======== Information supplied
-- ===== src/Parser/Resolve/Symbols.antt =====
-- parse.c: the symbolic instructions of a range, in close_scope.
use calx.Base.{
  ℕ, zero, suc, ◌+◌, ◌<◌, ◌≡◌, ◌≢◌, refl, sym, ap, ◌∙◌, Bool, true, false, Option, none, some, not,
  ◌||◌, List, [], ◌∷◌, length, set, get_elem?, get_elem?-set_ne, Bytes, ltb, leb, ◌==◌, ◌&&◌, arith,
  Bool-cases, inl, inr,
}
use calx.Parser.Resolve.{
  resolved, resolve_symbolic, resolve, resolve_at, resolve_range, set_instr, Depth, count_depth,
}
use calx.Parser.State.{
  Parser, then_parse, Parse, parsed, TaggedInstr, ◌>>=◌, pure, gets, modify, at,
}
use calx.Vm.State.{Instr, Opcode, op_load_symbolic, op_store_symbolic, op_modify_symbolic}
use calx.Str.Defs.{hash_str}
use calx.Xht.Defs.{Xht, xht_get, no_index}

abbrev pub is_symbolic : Opcode → Bool
is_symbolic op_load_symbolic = true
is_symbolic op_store_symbolic = true
is_symbolic (op_modify_symbolic aop) = true
is_symbolic _ = false

abbrev pub symbolic : Option TaggedInstr → Bool
symbolic none = false
symbolic (some ti) = is_symbolic ti.instr.opcode

-- an instruction that is there, and that has an identifier if it is symbolic
abbrev pub known : List Bytes → Option TaggedInstr → Bool
known idents none = false
known idents (some ti) = not (is_symbolic ti.instr.opcode) || ltb ti.instr.c (length idents)

-- a parser with the same program, and an instruction that is not symbolic
record Resolved (p : Parser) (r : Parse Instr) : Type 0 where
  instr : Instr
  next : Parser
  runs : r ≡ parsed instr next
  prog : next.prog ≡ p.prog
  idents : next.idents ≡ p.idents
  plain : is_symbolic instr.opcode ≡ false

found :
    (xs : List Bytes) (i : ℕ) → ltb i (length xs) ≡ true → (x : Bytes) × (get_elem? xs i ≡ some x)
found [] i h = absurd (ground arith)
found (x ∷ xs) zero h = (x, refl)
found (x ∷ xs) (suc i) h = found xs i (ground arith)

at_once :
    (p next : Parser) (instr : Instr)
    → next.prog ≡ p.prog
    → next.idents ≡ p.idents
    → is_symbolic instr.opcode ≡ false
    → Resolved p (parsed instr next)
at_once p next instr h k e = record {
  instr = instr;
  next = next;
  runs = refl;
  prog = h;
  idents = k;
  plain = e;
}

resolved-Resolved :
    (i : ℕ) (ident : Bytes) (instr : Instr) (op_local op_global : Opcode) (p : Parser)
    → is_symbolic op_local ≡ false
    → is_symbolic op_global ≡ false
    → Resolved p (resolved i ident instr op_local op_global p)
unfolding resolved
resolved-Resolved i ident instr op_local op_global p h k = elim (Bool-cases (i == no_index)) [
  | inl e ↦ rw e (at_once p _ _ refl refl k)
  | inr e ↦ rw e (at_once p _ _ refl refl h)
]

resolve_symbolic-Resolved :
    (ht : Xht ℕ) (instr : Instr) (op_local op_global : Opcode) (p : Parser)
    → ltb instr.c (length p.idents) ≡ true
    → is_symbolic op_local ≡ false
    → is_symbolic op_global ≡ false
    → Resolved p (resolve_symbolic ht instr op_local op_global p)
unfolding resolve_symbolic ◌>>=◌ gets at
resolve_symbolic-Resolved ht instr op_local op_global p in_range h k =
    let (ident, e) = found p.idents instr.c in_range in
    rw e (
      resolved-Resolved (xht_get ht ident (hash_str ident) no_index) ident instr op_local op_global
        p h k)

resolve-Resolved :
    (ht : Xht ℕ) (op : Opcode) (instr : Instr) (p : Parser)
    → instr.opcode ≡ op
    → (not (is_symbolic op) || ltb instr.c (length p.idents)) ≡ true
    → Resolved p (resolve ht op instr p)
unfolding resolve pure
resolve-Resolved ht op_load_symbolic instr p e h =
    resolve_symbolic-Resolved ht instr _ _ p h refl refl
resolve-Resolved ht op_store_symbolic instr p e h =
    resolve_symbolic-Resolved ht instr _ _ p h refl refl
resolve-Resolved ht (op_modify_symbolic aop) instr p e h =
    resolve_symbolic-Resolved ht instr _ _ p h refl refl
resolve-Resolved ht _ instr p e h = at_once p p instr refl refl (ap is_symbolic e)

-- one step: the instruction at j is another one, which is not symbolic
record Stepped (j : ℕ) (p : Parser) (r : Parse Depth) : Type 0 where
  depth : Depth
  next : Parser
  runs : r ≡ parsed depth next
  ti : TaggedInstr
  prog : next.prog ≡ set p.prog j ti
  idents : next.idents ≡ p.idents
  plain : is_symbolic ti.instr.opcode ≡ false

step_at :
    (ht : Xht ℕ) (j : ℕ) (d : Depth) (p : Parser) (o : Option TaggedInstr)
    → get_elem? p.prog j ≡ o
    → known p.idents o ≡ true
    → Stepped j p (resolve_at ht j d p)
unfolding resolve_at set_instr ◌>>=◌ gets at modify pure
step_at ht j d p none e h = absurd (ground arith)
step_at ht j d p (some ti) e h =
    let r = resolve-Resolved ht ti.instr.opcode ti.instr p refl h in
    rw (e, r.runs)
      (record {
        depth = count_depth ti.instr d;
        next = record r.next { prog = set r.next.prog j (record ti { instr = r.instr }) };
        runs = refl;
        ti = record ti { instr = r.instr };
        prog = ap (λ prog. set prog j (record ti { instr = r.instr })) r.prog;
        idents = r.idents;
        plain = r.plain;
      })

known-length :
    (idents : List Bytes) (prog : List TaggedInstr) (j : ℕ)
    → known idents (get_elem? prog j) ≡ true
    → j < length prog
known-length idents [] j h = absurd (ground arith)
known-length idents (ti ∷ prog) zero h = omega arith
known-length idents (ti ∷ prog) (suc j) h = omega (arith, known-length idents prog j h)

-- whether the instruction k is symbolic when those from j up to m are resolved
abbrev pub still_symbolic : List TaggedInstr → ℕ → ℕ → ℕ → Bool
still_symbolic prog j m k = not (leb j k && ltb k m) && symbolic (get_elem? prog k)

set-symbolic :
    (prog : List TaggedInstr) (j k : ℕ) (ti : TaggedInstr)
    → j < length prog
    → is_symbolic ti.instr.opcode ≡ false
    → symbolic (get_elem? (set prog j ti) k) ≡ (not (j == k) && symbolic (get_elem? prog k))
set-symbolic [] j k ti h e = absurd (omega arith)
set-symbolic (x ∷ prog) zero zero ti h e = e
set-symbolic (x ∷ prog) zero (suc k) ti h e =
    let other : (0 == suc k) ≡ false = ground arith in rw other refl
set-symbolic (x ∷ prog) (suc j) zero ti h e =
    let other : (suc j == 0) ≡ false = ground arith in rw other refl
set-symbolic (x ∷ prog) (suc j) (suc k) ti h e =
    let same : (suc j == suc k) ≡ (j == k) = ground arith in
    rw same (set-symbolic prog j k ti (omega arith) e)

still_symbolic-step :
    (prog prog' : List TaggedInstr) (j n k : ℕ)
    → symbolic (get_elem? prog' k) ≡ (not (j == k) && symbolic (get_elem? prog k))
    → still_symbolic prog' (suc j) (suc j + n) k ≡ still_symbolic prog j (j + suc n) k
still_symbolic-step prog prog' j n k h = rw h (outside (symbolic (get_elem? prog k)))
  where
    outside :
        (s : Bool)
        → (not (leb (suc j) k && ltb k (suc j + n)) && (not (j == k) && s))
          ≡ (not (leb j k && ltb k (j + suc n)) && s)
    outside s = ground arith

-- The loop of close_scope over the instructions of a range, which are all there and have an identifier
-- where they are symbolic, gets to its end, and behind it none of them is symbolic and any other
-- instruction is just if it was.
pub resolve_range-still_symbolic :
    (ht : Xht ℕ) (n j k : ℕ) (d : Depth) (p : Parser)
    → ((i : ℕ) → i < n → known p.idents (get_elem? p.prog (j + i)) ≡ true)
    → (d' : Depth) × (p' : Parser) × (resolve_range ht n j d p ≡ parsed d' p')
      × (symbolic (get_elem? p'.prog k) ≡ still_symbolic p.prog j (j + n) k)
unfolding resolve_range ◌>>=◌ pure
resolve_range-still_symbolic ht zero j k d p h =
    let e : (leb j k && ltb k (j + 0)) ≡ false = ground arith in (d, p, refl, rw e refl)
resolve_range-still_symbolic ht (suc n) j k d p h =
    let start : j + 0 ≡ j = omega arith in
    let here = ap (λ i. known p.idents (get_elem? p.prog i)) (sym start) ∙ h 0 (omega arith) in
    let s = step_at ht j d p (get_elem? p.prog j) refl here in
    let (d', p', runs, plain) =
      resolve_range-still_symbolic ht n (suc j) k s.depth s.next (λ i l. after s i l) in
    let stepped =
      ap (λ prog. symbolic (get_elem? prog k)) s.prog
      ∙ set-symbolic p.prog j k s.ti (known-length p.idents p.prog j here) s.plain in
    (
      d',
      p',
      ap (λ r. then_parse r (resolve_range ht n (suc j))) s.runs ∙ runs,
      plain ∙ still_symbolic-step p.prog s.next.prog j n k stepped,
    )
  where
    after :
        (s : Stepped j p (resolve_at ht j d p)) (i : ℕ)
        → i < n
        → known s.next.idents (get_elem? s.next.prog (suc j + i)) ≡ true
    after s i l =
        let ne : j ≢ suc j + i = λ e. omega (arith, e) in
        let shift : j + suc i ≡ suc j + i = omega arith in
        rw (s.idents, s.prog, get_elem?-set_ne p.prog s.ti ne)
          (ap (λ i. known p.idents (get_elem? p.prog i)) (sym shift) ∙ h (suc i) (omega arith))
================
Task objective: Return the total number of lines in the records that contain "abbrev", without any explanation.

Answer space: 4